Data excerpts:
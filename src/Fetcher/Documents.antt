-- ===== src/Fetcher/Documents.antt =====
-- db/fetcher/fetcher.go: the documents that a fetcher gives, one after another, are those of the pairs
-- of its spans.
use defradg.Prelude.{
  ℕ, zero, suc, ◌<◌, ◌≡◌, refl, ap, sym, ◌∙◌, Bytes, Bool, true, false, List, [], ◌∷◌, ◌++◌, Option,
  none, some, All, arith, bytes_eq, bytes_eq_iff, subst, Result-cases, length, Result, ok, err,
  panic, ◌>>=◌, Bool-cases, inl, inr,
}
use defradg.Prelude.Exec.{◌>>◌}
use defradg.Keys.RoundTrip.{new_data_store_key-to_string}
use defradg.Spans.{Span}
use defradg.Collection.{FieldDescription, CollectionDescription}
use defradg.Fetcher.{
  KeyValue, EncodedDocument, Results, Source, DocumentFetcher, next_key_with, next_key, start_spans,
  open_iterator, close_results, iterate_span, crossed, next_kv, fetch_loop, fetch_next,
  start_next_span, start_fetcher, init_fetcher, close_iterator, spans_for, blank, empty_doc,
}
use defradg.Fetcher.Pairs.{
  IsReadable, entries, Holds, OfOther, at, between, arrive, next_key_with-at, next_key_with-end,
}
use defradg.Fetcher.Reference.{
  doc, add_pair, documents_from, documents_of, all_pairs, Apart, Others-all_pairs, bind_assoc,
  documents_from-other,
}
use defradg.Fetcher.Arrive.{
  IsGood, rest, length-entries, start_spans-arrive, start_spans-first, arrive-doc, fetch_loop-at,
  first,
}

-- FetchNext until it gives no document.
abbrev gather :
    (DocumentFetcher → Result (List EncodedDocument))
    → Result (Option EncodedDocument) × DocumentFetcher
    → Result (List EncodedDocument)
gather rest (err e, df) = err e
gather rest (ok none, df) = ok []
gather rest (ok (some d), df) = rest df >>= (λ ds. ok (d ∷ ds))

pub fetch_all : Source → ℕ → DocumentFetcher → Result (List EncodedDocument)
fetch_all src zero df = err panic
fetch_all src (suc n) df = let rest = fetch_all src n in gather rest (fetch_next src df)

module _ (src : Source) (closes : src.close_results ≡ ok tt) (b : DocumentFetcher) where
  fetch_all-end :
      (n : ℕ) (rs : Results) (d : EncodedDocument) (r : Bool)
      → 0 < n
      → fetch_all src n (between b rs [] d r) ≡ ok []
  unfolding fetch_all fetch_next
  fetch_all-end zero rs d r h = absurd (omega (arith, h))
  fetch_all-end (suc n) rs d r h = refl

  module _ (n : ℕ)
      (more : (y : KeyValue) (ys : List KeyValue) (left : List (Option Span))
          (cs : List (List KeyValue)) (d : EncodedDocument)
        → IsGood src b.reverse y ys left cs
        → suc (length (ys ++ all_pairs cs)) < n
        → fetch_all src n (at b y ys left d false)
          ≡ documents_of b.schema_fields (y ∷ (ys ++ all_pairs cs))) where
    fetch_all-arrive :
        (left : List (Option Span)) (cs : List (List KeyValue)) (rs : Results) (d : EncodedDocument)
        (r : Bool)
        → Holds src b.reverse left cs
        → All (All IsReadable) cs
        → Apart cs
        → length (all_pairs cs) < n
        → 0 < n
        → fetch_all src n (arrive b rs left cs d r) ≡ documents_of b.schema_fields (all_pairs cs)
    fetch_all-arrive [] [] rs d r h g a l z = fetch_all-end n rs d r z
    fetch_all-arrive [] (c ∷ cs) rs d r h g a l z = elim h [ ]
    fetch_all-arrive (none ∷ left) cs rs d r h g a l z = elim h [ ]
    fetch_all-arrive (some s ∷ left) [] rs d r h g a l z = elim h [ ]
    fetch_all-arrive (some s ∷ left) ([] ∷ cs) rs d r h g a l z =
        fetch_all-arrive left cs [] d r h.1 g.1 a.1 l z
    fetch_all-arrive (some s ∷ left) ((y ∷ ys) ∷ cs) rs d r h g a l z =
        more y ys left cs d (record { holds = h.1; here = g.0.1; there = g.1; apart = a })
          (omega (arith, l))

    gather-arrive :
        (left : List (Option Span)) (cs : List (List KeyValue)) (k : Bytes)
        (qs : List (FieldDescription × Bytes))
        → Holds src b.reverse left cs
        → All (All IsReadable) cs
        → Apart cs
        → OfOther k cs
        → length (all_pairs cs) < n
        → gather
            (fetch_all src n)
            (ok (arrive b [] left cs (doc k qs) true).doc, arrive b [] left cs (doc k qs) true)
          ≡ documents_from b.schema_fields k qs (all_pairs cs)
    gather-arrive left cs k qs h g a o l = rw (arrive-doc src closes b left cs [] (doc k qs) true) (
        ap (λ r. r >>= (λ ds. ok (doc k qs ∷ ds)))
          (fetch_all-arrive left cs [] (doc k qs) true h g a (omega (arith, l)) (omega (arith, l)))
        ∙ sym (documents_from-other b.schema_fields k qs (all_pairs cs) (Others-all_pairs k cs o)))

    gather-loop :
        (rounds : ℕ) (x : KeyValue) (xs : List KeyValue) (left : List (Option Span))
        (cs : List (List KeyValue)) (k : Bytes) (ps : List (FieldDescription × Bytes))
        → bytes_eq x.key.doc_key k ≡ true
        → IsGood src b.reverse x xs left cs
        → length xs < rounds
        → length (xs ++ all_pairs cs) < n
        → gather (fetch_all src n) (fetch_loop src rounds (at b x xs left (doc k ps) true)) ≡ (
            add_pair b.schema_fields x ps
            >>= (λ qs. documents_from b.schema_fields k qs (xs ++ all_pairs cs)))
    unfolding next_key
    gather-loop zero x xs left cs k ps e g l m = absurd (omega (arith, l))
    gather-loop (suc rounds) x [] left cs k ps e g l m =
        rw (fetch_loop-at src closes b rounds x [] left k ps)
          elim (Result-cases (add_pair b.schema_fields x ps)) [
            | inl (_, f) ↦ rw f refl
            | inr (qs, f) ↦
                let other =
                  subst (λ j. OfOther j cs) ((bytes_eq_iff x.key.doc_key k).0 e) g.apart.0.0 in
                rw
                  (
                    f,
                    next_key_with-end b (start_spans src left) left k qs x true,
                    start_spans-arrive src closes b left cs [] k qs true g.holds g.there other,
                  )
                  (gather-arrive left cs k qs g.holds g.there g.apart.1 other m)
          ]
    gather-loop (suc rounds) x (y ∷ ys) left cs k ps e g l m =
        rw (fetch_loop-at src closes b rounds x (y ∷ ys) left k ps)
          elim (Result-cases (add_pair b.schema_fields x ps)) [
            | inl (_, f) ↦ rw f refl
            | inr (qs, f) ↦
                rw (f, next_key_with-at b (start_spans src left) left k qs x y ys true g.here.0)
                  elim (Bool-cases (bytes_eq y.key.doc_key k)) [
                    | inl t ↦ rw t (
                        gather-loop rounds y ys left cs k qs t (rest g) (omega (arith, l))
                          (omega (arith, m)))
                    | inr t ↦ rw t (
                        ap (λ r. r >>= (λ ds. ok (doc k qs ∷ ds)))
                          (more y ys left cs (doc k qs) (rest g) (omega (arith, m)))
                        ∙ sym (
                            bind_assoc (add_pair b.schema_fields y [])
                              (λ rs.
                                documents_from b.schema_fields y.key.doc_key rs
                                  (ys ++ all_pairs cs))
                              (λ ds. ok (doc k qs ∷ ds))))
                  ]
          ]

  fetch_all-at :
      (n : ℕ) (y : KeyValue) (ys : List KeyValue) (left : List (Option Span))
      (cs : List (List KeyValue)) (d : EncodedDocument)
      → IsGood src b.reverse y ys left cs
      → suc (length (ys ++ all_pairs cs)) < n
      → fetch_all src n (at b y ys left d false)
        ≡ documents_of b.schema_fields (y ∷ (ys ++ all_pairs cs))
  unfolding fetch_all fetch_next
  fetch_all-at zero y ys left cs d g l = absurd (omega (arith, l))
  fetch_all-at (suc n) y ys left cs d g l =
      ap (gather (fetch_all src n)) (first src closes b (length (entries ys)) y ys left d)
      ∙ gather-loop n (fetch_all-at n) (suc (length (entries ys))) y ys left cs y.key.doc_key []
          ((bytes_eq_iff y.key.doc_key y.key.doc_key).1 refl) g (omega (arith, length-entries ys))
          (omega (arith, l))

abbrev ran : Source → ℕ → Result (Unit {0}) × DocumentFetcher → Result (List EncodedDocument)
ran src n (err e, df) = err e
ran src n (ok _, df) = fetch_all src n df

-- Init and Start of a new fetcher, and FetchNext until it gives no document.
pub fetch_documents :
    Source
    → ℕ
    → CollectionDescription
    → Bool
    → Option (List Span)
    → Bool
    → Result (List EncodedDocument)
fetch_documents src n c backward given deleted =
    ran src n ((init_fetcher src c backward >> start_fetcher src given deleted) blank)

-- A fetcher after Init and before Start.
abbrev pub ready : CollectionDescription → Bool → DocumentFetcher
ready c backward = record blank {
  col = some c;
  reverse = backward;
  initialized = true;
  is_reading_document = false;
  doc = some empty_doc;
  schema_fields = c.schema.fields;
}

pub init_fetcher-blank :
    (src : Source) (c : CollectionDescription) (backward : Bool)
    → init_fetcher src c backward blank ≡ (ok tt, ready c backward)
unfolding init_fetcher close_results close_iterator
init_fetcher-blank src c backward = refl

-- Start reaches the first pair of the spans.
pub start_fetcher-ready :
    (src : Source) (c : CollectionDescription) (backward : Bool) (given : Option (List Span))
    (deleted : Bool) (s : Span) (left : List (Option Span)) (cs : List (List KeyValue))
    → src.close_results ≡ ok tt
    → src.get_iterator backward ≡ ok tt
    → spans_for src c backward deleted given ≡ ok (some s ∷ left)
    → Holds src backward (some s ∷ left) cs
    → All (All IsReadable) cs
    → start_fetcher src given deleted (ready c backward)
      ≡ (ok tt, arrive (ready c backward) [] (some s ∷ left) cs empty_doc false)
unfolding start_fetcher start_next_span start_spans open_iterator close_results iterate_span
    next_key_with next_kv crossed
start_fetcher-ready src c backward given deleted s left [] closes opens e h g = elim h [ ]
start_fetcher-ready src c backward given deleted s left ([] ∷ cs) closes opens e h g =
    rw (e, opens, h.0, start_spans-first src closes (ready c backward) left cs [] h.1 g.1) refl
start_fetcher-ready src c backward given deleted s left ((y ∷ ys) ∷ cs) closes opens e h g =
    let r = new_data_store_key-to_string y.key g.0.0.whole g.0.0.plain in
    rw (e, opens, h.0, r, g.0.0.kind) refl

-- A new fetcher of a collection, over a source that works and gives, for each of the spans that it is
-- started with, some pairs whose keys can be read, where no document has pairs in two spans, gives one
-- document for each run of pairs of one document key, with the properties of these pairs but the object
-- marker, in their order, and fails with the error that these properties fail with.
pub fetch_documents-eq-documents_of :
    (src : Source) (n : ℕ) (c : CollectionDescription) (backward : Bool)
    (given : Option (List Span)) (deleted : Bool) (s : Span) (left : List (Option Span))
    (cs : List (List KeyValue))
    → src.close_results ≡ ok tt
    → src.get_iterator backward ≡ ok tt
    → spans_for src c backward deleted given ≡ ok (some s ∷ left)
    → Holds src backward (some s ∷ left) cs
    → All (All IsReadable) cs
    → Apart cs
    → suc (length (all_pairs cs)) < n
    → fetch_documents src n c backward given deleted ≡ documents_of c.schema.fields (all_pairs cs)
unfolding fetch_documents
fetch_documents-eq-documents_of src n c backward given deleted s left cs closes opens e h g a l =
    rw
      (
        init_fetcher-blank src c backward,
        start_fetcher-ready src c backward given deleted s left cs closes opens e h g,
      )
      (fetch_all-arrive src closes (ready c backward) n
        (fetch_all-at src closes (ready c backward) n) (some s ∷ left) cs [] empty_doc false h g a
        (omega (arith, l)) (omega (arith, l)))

Work to complete:
Compute the number of lines in the records that contain the string "until", and return that number alone.

Reply:
2